··· Entries supplied ···

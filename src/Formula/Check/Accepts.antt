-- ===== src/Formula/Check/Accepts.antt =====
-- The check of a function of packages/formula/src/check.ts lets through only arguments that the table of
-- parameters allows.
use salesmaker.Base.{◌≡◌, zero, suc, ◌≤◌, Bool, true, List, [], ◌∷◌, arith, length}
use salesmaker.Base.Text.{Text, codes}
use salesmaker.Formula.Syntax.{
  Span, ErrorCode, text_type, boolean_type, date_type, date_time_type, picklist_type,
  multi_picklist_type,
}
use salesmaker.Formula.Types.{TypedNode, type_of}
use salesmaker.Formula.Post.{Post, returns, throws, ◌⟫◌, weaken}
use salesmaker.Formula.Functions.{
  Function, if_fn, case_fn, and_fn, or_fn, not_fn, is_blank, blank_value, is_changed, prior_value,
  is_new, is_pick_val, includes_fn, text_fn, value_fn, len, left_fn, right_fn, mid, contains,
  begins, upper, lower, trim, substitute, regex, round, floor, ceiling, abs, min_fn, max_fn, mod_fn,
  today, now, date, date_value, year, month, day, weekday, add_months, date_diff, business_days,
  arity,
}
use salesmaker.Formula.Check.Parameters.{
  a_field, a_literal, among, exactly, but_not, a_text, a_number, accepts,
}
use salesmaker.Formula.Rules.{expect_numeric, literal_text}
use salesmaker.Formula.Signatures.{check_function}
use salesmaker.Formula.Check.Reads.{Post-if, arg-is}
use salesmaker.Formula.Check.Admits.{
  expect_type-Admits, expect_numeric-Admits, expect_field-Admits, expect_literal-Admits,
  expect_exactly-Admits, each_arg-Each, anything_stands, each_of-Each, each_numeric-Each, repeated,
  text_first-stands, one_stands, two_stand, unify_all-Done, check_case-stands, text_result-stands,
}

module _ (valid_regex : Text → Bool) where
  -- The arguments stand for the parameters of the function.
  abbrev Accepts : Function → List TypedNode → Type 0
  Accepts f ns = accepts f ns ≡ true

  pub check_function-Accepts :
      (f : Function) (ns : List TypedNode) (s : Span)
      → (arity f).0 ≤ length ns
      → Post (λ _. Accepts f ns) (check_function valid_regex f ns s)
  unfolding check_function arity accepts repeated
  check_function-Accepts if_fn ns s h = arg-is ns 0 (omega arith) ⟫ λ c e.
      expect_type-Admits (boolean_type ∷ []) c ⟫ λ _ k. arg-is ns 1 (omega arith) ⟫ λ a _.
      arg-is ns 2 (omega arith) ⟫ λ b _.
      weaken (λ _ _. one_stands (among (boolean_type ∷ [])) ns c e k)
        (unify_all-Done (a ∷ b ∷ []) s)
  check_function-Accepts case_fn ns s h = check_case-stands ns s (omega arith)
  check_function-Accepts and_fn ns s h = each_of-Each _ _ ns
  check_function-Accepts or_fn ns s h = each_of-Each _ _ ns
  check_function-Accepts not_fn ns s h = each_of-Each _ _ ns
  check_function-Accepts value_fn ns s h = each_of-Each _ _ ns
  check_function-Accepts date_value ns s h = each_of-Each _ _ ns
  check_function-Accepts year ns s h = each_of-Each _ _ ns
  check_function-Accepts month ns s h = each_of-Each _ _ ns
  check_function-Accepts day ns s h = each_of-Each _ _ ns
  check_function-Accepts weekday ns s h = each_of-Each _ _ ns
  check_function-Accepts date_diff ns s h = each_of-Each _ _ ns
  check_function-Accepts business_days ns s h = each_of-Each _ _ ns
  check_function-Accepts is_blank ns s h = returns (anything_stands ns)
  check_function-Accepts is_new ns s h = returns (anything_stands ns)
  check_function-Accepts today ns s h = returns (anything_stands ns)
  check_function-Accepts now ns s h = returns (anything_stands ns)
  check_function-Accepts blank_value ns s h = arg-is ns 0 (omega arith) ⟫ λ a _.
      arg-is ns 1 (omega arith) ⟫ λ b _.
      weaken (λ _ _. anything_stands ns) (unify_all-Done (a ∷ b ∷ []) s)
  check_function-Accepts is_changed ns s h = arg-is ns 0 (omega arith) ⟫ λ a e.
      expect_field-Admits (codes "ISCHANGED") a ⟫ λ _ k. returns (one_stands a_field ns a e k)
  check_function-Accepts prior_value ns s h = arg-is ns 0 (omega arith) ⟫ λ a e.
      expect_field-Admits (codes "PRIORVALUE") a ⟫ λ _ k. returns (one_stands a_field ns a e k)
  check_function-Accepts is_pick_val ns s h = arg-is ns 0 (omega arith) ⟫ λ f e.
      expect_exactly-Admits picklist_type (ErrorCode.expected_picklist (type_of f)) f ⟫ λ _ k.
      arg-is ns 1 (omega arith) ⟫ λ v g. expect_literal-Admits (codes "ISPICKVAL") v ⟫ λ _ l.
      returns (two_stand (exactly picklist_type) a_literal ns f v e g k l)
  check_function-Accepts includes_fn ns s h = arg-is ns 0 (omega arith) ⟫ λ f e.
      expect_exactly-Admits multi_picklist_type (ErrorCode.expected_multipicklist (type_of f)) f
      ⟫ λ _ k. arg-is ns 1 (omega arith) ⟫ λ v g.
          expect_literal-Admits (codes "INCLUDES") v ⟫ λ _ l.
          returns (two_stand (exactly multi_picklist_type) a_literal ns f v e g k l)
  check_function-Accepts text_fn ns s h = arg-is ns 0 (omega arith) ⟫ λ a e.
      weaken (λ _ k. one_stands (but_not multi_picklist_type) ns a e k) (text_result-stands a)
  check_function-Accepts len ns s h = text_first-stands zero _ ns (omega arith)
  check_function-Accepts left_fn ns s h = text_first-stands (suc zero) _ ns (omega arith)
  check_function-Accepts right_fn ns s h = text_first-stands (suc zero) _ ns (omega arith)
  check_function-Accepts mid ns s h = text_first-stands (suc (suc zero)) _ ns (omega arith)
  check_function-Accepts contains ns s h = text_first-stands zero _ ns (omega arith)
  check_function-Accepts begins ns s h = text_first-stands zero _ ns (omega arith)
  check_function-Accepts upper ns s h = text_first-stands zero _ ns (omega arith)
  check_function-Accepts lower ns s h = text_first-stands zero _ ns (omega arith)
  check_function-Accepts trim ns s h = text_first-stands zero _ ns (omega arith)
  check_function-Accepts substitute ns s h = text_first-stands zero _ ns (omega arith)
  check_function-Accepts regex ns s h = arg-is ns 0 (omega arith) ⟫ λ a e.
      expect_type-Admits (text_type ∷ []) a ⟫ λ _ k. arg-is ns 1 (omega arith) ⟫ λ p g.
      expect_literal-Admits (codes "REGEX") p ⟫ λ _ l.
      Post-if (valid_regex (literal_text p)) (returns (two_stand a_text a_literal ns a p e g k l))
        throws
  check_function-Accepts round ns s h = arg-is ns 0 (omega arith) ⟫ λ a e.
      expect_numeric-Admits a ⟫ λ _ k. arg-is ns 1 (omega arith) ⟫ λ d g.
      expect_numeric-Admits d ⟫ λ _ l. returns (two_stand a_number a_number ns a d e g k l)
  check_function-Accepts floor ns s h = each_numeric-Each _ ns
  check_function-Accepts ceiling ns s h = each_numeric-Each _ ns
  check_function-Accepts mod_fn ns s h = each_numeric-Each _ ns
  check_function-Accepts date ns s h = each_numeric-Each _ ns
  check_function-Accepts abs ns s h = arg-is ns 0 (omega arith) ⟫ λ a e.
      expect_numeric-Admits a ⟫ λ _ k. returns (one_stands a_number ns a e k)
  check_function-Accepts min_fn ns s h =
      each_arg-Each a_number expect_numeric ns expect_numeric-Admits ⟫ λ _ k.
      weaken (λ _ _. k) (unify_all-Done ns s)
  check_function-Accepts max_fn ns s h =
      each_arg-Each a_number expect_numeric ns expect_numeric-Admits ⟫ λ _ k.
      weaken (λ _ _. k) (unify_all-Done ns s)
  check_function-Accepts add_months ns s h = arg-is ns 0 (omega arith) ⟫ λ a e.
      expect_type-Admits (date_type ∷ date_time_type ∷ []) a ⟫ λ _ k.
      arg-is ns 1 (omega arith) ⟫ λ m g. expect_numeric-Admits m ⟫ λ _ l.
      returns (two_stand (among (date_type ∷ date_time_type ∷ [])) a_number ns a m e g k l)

···

**Activity**.
Report each line of the data in which "weaken" occurs.

**Result below**.
use salesmaker.Formula.Post.{Post, returns, throws, ◌⟫◌, weaken}
      weaken (λ _ _. one_stands (among (boolean_type ∷ [])) ns c e k)
      weaken (λ _ _. anything_stands ns) (unify_all-Done (a ∷ b ∷ []) s)
      weaken (λ _ k. one_stands (but_not multi_picklist_type) ns a e k) (text_result-stands a)
      weaken (λ _ _. k) (unify_all-Done ns s)
      weaken (λ _ _. k) (unify_all-Done ns s)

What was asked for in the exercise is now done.